WHAT YOU NEED TO DO: All lines with the word "unfolding" must be pulled from the entries below.

EXERCISE DATA:
==================================================
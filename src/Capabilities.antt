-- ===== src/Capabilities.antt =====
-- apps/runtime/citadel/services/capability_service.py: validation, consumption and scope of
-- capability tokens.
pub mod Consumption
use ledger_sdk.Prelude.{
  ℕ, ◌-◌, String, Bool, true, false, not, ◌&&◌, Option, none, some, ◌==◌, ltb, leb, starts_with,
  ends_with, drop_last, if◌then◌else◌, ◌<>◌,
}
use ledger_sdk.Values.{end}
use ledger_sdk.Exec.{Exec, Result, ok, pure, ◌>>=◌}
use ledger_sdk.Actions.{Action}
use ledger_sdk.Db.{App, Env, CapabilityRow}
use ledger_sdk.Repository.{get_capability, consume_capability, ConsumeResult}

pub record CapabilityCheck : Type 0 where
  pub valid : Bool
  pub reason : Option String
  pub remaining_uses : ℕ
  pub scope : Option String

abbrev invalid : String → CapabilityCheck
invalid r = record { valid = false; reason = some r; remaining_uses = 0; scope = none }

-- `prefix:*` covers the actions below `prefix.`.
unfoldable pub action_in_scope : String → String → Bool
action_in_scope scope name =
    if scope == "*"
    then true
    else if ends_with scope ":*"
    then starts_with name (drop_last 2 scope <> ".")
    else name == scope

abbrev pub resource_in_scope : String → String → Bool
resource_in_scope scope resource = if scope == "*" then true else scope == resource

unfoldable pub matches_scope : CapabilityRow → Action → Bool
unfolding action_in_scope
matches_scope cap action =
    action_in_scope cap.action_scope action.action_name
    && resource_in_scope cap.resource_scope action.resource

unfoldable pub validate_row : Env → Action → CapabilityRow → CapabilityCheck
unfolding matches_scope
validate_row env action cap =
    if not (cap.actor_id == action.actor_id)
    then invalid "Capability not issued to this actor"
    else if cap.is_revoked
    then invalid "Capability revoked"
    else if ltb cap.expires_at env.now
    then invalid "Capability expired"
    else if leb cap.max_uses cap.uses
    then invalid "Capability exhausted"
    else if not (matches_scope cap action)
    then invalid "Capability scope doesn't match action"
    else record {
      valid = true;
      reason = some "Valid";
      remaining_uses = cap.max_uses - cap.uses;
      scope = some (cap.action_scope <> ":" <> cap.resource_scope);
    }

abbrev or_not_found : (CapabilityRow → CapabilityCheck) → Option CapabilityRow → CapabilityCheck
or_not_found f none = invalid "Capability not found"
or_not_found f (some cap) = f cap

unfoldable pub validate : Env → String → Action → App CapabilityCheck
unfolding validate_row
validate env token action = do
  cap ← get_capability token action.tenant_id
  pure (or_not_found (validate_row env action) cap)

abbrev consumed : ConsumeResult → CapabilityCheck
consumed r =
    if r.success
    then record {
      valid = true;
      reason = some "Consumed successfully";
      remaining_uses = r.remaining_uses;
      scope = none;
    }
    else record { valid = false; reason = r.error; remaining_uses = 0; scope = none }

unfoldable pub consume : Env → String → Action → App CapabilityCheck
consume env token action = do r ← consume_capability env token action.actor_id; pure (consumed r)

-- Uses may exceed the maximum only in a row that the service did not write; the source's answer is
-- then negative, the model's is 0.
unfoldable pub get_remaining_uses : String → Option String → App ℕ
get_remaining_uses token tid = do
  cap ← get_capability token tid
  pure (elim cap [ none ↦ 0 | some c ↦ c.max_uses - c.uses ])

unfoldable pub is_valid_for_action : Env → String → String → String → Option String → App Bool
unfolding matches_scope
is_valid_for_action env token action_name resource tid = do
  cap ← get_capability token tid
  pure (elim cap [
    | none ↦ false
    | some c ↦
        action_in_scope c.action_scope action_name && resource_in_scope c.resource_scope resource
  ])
==================================================
EXERCISE RESPONSE:
unfolding action_in_scope
unfolding matches_scope
unfolding validate_row
unfolding matches_scope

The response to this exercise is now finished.